# [Risolto] Upgrade Java (VM per generation-{1,2})

## ChobinYY

Mi da questo errore, ma non so a cosa sia dovuto, ho provato a impostare tutto con java-config-1 ecc ma niente   :Sad:   :Sad: 

Calculating dependencies... done!

>>> Emerging (1 of 17) dev-java/ant-core-1.6.2-r5 to /

>>> checking ebuild checksums  :Wink: 

>>> checking auxfile checksums  :Wink: 

>>> checking miscfile checksums  :Wink: 

>>> checking apache-ant-1.6.2-src.tar.bz2  :Wink: 

 * Enabling generation-2 compatibility ...

 * There was a problem determining which VM to use for generation-1

 * You may need to set your generation-1 VM again, and run env-update && source/etc/profile

 * Also, make sure you have followed the Java Upgrade Guide:

 * http://www.gentoo.org/proj/en/java/java-upgrade.xml                    [ !! ]
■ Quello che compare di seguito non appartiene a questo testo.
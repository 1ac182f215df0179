-- ===== src/Amp.antt =====
-- Class `cAmp` of src/include/amp.h and src/utils/amp.cxx: one transfer of a file. The sending half
-- cuts `xmtdata` into numbered blocks under a hash of the file's name and format; the receiving
-- half collects the blocks that carry the hash it waits for.
--
-- The two halves of the object share no field, so each is a record. `none` is the exception
-- `std::out_of_range` that `substr` throws behind a text's end. The mutex has no part in the
-- functions here, which run under it or are called by one thread.
pub mod Blocks
pub mod Chunks
pub mod Collect
pub mod Transfer
pub mod Headers
pub mod Reports
pub mod Incoming
pub mod Sending
mod Samples
mod Tests
use flimg.Prelude.{ℕ, zero, suc, ◌+◌, ◌-◌, ◌*◌, ◌/◌, ◌%◌, ◌^◌, Bool, ◌&&◌, ◌||◌, not, List, [], ◌∷◌}
use flimg.Prelude.{
  ◌++◌, Option, none, some, ltb, leb, ◌==◌, if◌then◌else◌, take, drop, length, codes,
}
use flimg.Cstd.{ℤ, pos, negsuc, print_int, print_nat, scan_int, to_int, find_char}
use flimg.Crc16.{scrc16}
use flimg.IntMap.{IntMap, find, insert, join}

-- `s.substr(at, count)`
unfoldable pub substr : List ℕ → ℕ → ℕ → Option (List ℕ)
substr s at count = if leb at (length s) then some (take count (drop at s)) else none

-- `==` of two strings.
unfoldable pub same_text : List ℕ → List ℕ → Bool
same_text [] [] = Bool.true
same_text [] (y ∷ ys) = Bool.false
same_text (x ∷ xs) [] = Bool.false
same_text (x ∷ xs) (y ∷ ys) = (x == y) && same_text xs ys

-- The sending half.
pub record TxAmp : Type 0 where
  pub xmtdata : List ℕ
  pub xmtdttm : List ℕ
  pub xmtfilename : List ℕ
  pub xmtbase : List ℕ
  pub xmthash : List ℕ
  pub use_compression : Bool
  pub use_forced_compression : Bool
  pub xmtblocksize : ℕ
  pub xmtnumblocks : ℕ
  pub xmtcall : List ℕ
  pub xmtcallto : List ℕ
  pub xmtinfo : List ℕ
  pub xmtdesc : List ℕ
  pub tosend : List ℕ
  pub repeat_header : ℤ
  pub xmt_repeat : ℤ

-- `sz_len`
abbrev pub sz_len : List ℕ → List ℕ
sz_len text = print_int (to_int (length text))

-- The value that `_file_hash` returns.
unfoldable pub hash_of : TxAmp → List ℕ
hash_of tx =
    let compressed = tx.use_compression || tx.use_forced_compression in
    scrc16 (
      (tx.xmtdttm ++ b':' ∷ tx.xmtfilename)
      ++ (if compressed then b'1' else b'0')
        ∷ (tx.xmtbase ++ take 30 (print_int (pos tx.xmtblocksize))))

-- `_file_hash`: the hash, kept in `xmthash`.
unfoldable pub file_hash : TxAmp → TxAmp
file_hash tx = record tx { xmthash = hash_of tx }

-- A tag, the length and the CRC of the text behind it: what each header function returns.
unfoldable pub frame : List ℕ → List ℕ → List ℕ
frame ltype temp = ltype ++ sz_len temp ++ b' ' ∷ (scrc16 temp ++ b'>' ∷ (temp ++ 10 ∷ []))

-- The `{hash:index}` text of a block.
unfoldable pub block_mark : List ℕ → ℕ → List ℕ
block_mark hash index = take 46 (b'{' ∷ (hash ++ b':' ∷ (print_int (pos index) ++ b'}' ∷ [])))

-- The text of `data_block` between its header and its line feed. `(index - 1) * xmtblocksize` is a
-- product of `int`s: a position that exceeds one is undefined in C, and has no text here. The
-- position of block 0 is 0 with a block size of 0, and otherwise wraps around to one behind every
-- text. A block number is not negative.
unfoldable pub block_text : TxAmp → ℕ → Option (List ℕ)
block_text tx zero = if tx.xmtblocksize == 0 then some (block_mark (hash_of tx) 0) else none
block_text tx (suc before) =
    if leb (2 ^ 31) (before * tx.xmtblocksize)
    then none
    else elim (substr tx.xmtdata (before * tx.xmtblocksize) tx.xmtblocksize) [
      | none ↦ none
      | some text ↦ some (block_mark (hash_of tx) (suc before) ++ text)
    ]

unfoldable pub data_block : TxAmp → ℕ → Option (TxAmp × List ℕ)
data_block tx index = elim (block_text tx index) [
  | none ↦ none
  | some temp ↦ some (file_hash tx, frame (codes "<DATA ") temp)
]

-- `xmt_calc_numblocks`; a block size of 0 is undefined in C. The number is kept in an `int`: it is
-- this one of a text below 2 ^ 31 bytes, which the theorems ask for.
unfoldable pub xmt_calc_numblocks : TxAmp → TxAmp
xmt_calc_numblocks tx =
    let size = tx.xmtblocksize in
    let whole = length tx.xmtdata / size in
    let left = length tx.xmtdata % size in
    record tx { xmtnumblocks = whole + (if left == 0 then 0 else 1) }

-- The receiving half.
pub record RxAmp : Type 0 where
  pub rxhash : List ℕ
  pub rxnumblocks : ℤ
  pub rx_ok_blocks : ℕ
  pub rx_crc_flags : ℕ
  pub rxblocks : IntMap
  pub rx_data_header : IntMap
  pub rx_rcvd : List ℕ
  pub rxdttm : List ℕ
  pub rxfilename : List ℕ
  pub rxdesc : List ℕ
  pub rxcall_info : List ℕ
  pub rxprogname : List ℕ
  pub rxfilesize : ℤ
  pub rxblocksize : ℤ
  pub rx_raw_file : List ℕ
  pub rx_raw_id : List ℕ
  pub rx_raw_size : List ℕ
  pub rx_raw_desc : List ℕ
  pub rx_raw_prog : List ℕ
  pub rx_raw_cntl : List ℕ
  pub rxbuffer : List ℕ

-- The entry of `rx_data_header`: the header as it was sent, for a relay.
unfoldable pub relay_header : List ℕ → ℕ → List ℕ
relay_header text close =
    take 46 (codes "<DATA " ++ sz_len text ++ b' ' ∷ (scrc16 text ++ b'>' ∷ take (close + 1) text))

-- The part of `rx_add_data` behind the search for the block number.
unfoldable pub keep_block : RxAmp → List ℕ → ℤ → ℕ → RxAmp
keep_block rx text blknbr close = record rx {
  rxblocks = insert blknbr (drop (close + 1) text) rx.rxblocks;
  rx_data_header = insert blknbr (relay_header text close) rx.rx_data_header;
  rx_rcvd = rx.rx_rcvd ++ print_int blknbr ++ b' ' ∷ [];
  rx_ok_blocks = rx.rx_ok_blocks + 1;
}

-- The part behind the conversion of the block number.
unfoldable pub add_numbered : RxAmp → List ℕ → ℤ → RxAmp
add_numbered rx text blknbr = elim (find blknbr rx.rxblocks) [
  | some old ↦ rx
  | none ↦ elim (find_char b'}' text) [ none ↦ rx | some close ↦ keep_block rx text blknbr close ]
]

-- `rx_add_data`
unfoldable pub rx_add_data : RxAmp → List ℕ → Option RxAmp
rx_add_data rx text = elim (substr text 1 4) [
  | none ↦ none
  | some hash ↦
      if not (same_text rx.rxhash hash) then some rx else elim (substr text 6 (length text)) [
        | none ↦ none
        | some number ↦ elim (scan_int number) [
          | none ↦ some rx
          | some blknbr ↦ some (add_numbered rx text blknbr)
        ]
      ]
]

-- `rx_completed`
unfoldable pub rx_completed : RxAmp → Bool
rx_completed rx = ltb 0 rx.rx_ok_blocks && elim rx.rxnumblocks [
  | pos n ↦ (rx.rx_ok_blocks == n) && (rx.rx_crc_flags == 0)
  | negsuc n ↦ Bool.false
]

-- The text that `rx_recvd_string` returns.
unfoldable pub rx_recvd_string : RxAmp → List ℕ
rx_recvd_string rx = if rx_completed rx then join rx.rxblocks else []
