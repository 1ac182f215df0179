-- ===== src/Cstd/Decimal.antt =====
-- A number that `%d` printed is read back by `%d`.
use flimg.Prelude.{
  ℕ, zero, suc, ◌+◌, ◌-◌, ◌*◌, ◌/◌, ◌%◌, ◌≤◌, ◌^◌, ◌<◌, ◌≡◌, refl, sym, ap, ◌∙◌, arith, true, false,
}
use flimg.Prelude.{
  List, [], ◌∷◌, ◌++◌, append_assoc, some, ltb, All, All-append, length, Bool-cases, inl, inr,
  lt→ltb, length-append,
}
use native.Mathlib.Nat.{le_refl, pow-suc}
use flimg.Cstd.{
  is_digit, is_space, print_digits, print_nat, scan_digits, starts_with_digit, scan_signed,
  skip_spaces, scan_int, pos, negsuc, find_char, ℤ, print_int, to_int,
}

-- What follows a number does not continue it.
abbrev pub EndsNumber : List ℕ → Type 0
EndsNumber rest = starts_with_digit rest ≡ false

scan_last :
    (n : ℕ) (rest : List ℕ) → scan_digits (n / 10) ((b'0' + n % 10) ∷ rest) ≡ scan_digits n rest
unfolding scan_digits
scan_last n rest =
    let whole : n / 10 * 10 + (b'0' + n % 10 - b'0') ≡ n = omega arith in ground (arith, whole)

scan_print :
    (fuel n : ℕ) (rest : List ℕ)
    → n ≤ fuel
    → scan_digits 0 (print_digits fuel n ++ rest) ≡ scan_digits n rest
unfolding print_digits scan_digits
scan_print zero n rest h = ground arith
scan_print (suc fuel) n rest h = elim (Bool-cases (ltb n 10)) [
  | inl small ↦ ground arith
  | inr big ↦
      rw (big, append_assoc)
        (scan_print fuel (n / 10) ((b'0' + n % 10) ∷ rest) (omega arith) ∙ scan_last n rest)
]

scan_stops : (n : ℕ) (rest : List ℕ) → EndsNumber rest → scan_digits n rest ≡ n
unfolding scan_digits
scan_stops n [] h = refl
scan_stops n (c ∷ cs) h = rw h

-- The print is a first digit and more digits.
print_first :
    (fuel n : ℕ) → (c : ℕ) × (cs : List ℕ) × (print_digits fuel n ≡ c ∷ cs) × (is_digit c ≡ true)
unfolding print_digits
print_first zero n = (b'0' + n % 10, [], refl, ground arith)
print_first (suc fuel) n = elim (Bool-cases (ltb n 10)) [
  | inl small ↦ (b'0' + n, [], rw small, ground arith)
  | inr big ↦
      let (c, cs, e, d) = print_first fuel (n / 10) in
      (c, cs ++ ((b'0' + n % 10) ∷ []), rw (big, e), d)
]

skip_none : (c : ℕ) (cs : List ℕ) → is_space c ≡ false → skip_spaces (c ∷ cs) ≡ c ∷ cs
unfolding skip_spaces
skip_none c cs h = rw h

scan_digit_first :
    (c : ℕ) (cs : List ℕ)
    → is_digit c ≡ true
    → scan_int (c ∷ cs) ≡ some (pos (scan_digits 0 (c ∷ cs)))
unfolding scan_int
scan_digit_first c cs h =
    let printing : is_space c ≡ false = ground arith in
    ap scan_signed (skip_none c cs printing) ∙ rw h

-- `%d` reads back what `%d` printed, up to the first character that is no digit.
pub scan_int-print_nat :
    (n : ℕ) (rest : List ℕ) → EndsNumber rest → scan_int (print_nat n ++ rest) ≡ some (pos n)
unfolding print_nat
scan_int-print_nat n rest h =
    let (c, cs, e, d) = print_first n n in
    ap scan_int (ap (λ t. t ++ rest) e)
    ∙ scan_digit_first c (cs ++ rest) d
    ∙ ap (λ t. some (pos (scan_digits 0 (t ++ rest)))) (sym e)
    ∙ ap (λ t. some (pos t)) (scan_print n n rest (le_refl n) ∙ scan_stops n rest h)

print_digits-IsDigit : (fuel n : ℕ) → All (λ c. is_digit c ≡ true) (print_digits fuel n)
unfolding print_digits
print_digits-IsDigit zero n = ground arith
print_digits-IsDigit (suc fuel) n = elim (Bool-cases (ltb n 10)) [
  | inl small ↦ rw small (ground arith)
  | inr big ↦ rw big (
      All-append (λ c. is_digit c ≡ true) (print_digits fuel (n / 10)) _
        (print_digits-IsDigit fuel (n / 10)) (ground arith))
]

find_after_digits :
    (ds rest : List ℕ)
    → All (λ c. is_digit c ≡ true) ds
    → find_char 10 (ds ++ 10 ∷ rest) ≡ some (length ds)
unfolding find_char
find_after_digits [] rest h = refl
find_after_digits (d ∷ ds) rest (h, hs) = ground (arith, find_after_digits ds rest hs)

-- The first line feed behind a printed number is the one that was put there.
pub find_char-print_nat :
    (n : ℕ) (rest : List ℕ) → find_char 10 (print_nat n ++ 10 ∷ rest) ≡ some (length (print_nat n))
unfolding print_nat
find_char-print_nat n rest = find_after_digits (print_digits n n) rest (print_digits-IsDigit n n)

-- The same of any `int`.
pub find_char-print_int :
    (z : ℤ) (rest : List ℕ) → find_char 10 (print_int z ++ 10 ∷ rest) ≡ some (length (print_int z))
unfolding print_int
find_char-print_int (pos n) rest = find_char-print_nat n rest
find_char-print_int (negsuc n) rest = unfold find_char in rw (find_char-print_nat (n + 1) rest)

-- `%d` reads back what `%d` printed of a number that is not negative, up to the next character that
-- is no digit.
pub scan_int-print_int :
    (n : ℕ) (rest : List ℕ) → EndsNumber rest → scan_int (print_int (pos n) ++ rest) ≡ some (pos n)
unfolding print_int
scan_int-print_int n rest h = scan_int-print_nat n rest h

pub to_int-pos : (n : ℕ) → n < 2 ^ 31 → to_int n ≡ pos n
to_int-pos n h = ground arith

pub print_nat-IsDigit : (n : ℕ) → All (λ c. is_digit c ≡ true) (print_nat n)
unfolding print_nat
print_nat-IsDigit n = print_digits-IsDigit n n

length-print_digits : (k fuel n : ℕ) → n < 10 ^ suc k → length (print_digits fuel n) ≤ suc k
unfolding print_digits
length-print_digits k zero n h = omega arith
length-print_digits zero (suc fuel) n h = rw (lt→ltb n 10 (omega arith)) (omega arith)
length-print_digits (suc k) (suc fuel) n h = elim (Bool-cases (ltb n 10)) [
  | inl small ↦ rw small (omega arith)
  | inr big ↦
      let front = print_digits fuel (n / 10) in
      let less : n / 10 < 10 ^ suc k = omega (arith, pow-suc 10 (suc k)) in
      rw big (
        omega (
          arith,
          length-append front ((b'0' + n % 10) ∷ []),
          length-print_digits k fuel (n / 10) less,
        ))
]

-- A number below `10 ^ k` has at most `k` digits.
pub length-print_nat : (k n : ℕ) → n < 10 ^ suc k → length (print_nat n) ≤ suc k
unfolding print_nat
length-print_nat k n h = length-print_digits k n n h

-- The print of a number starts with a digit.
pub print_nat-cons :
    (n : ℕ) → (c : ℕ) × (cs : List ℕ) × (print_nat n ≡ c ∷ cs) × (is_digit c ≡ true)
unfolding print_nat
print_nat-cons n = print_first n n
!!! ERROR: dev-java/ant-core-1.6.2-r5 failed.

Call stack:

  ebuild.sh, line 1555:   Called dyn_setup

  ebuild.sh, line 668:   Called pkg_setup

  ebuild.sh, line 1248:   Called java-pkg_pkg_setup

  java-pkg.eclass, line 41:   Called die

!!! Couldn't determine VM for generation-1

!!! If you need support, post the topmost build error, and the call stack if relevant.Last edited by ChobinYY on Mon Jul 17, 2006 8:59 pm; edited 1 time in total

----------

## !equilibrium

ti dice che non hai una JDK della serie 1.4.x (VM generazione 1) installata e probabilmente hai solo una JDK della serie 1.5.x (VM generazione 2); emergi una JDK 1.4.x a seconda delle tue esigenze (blackdown, sun, ibm ecc ecc).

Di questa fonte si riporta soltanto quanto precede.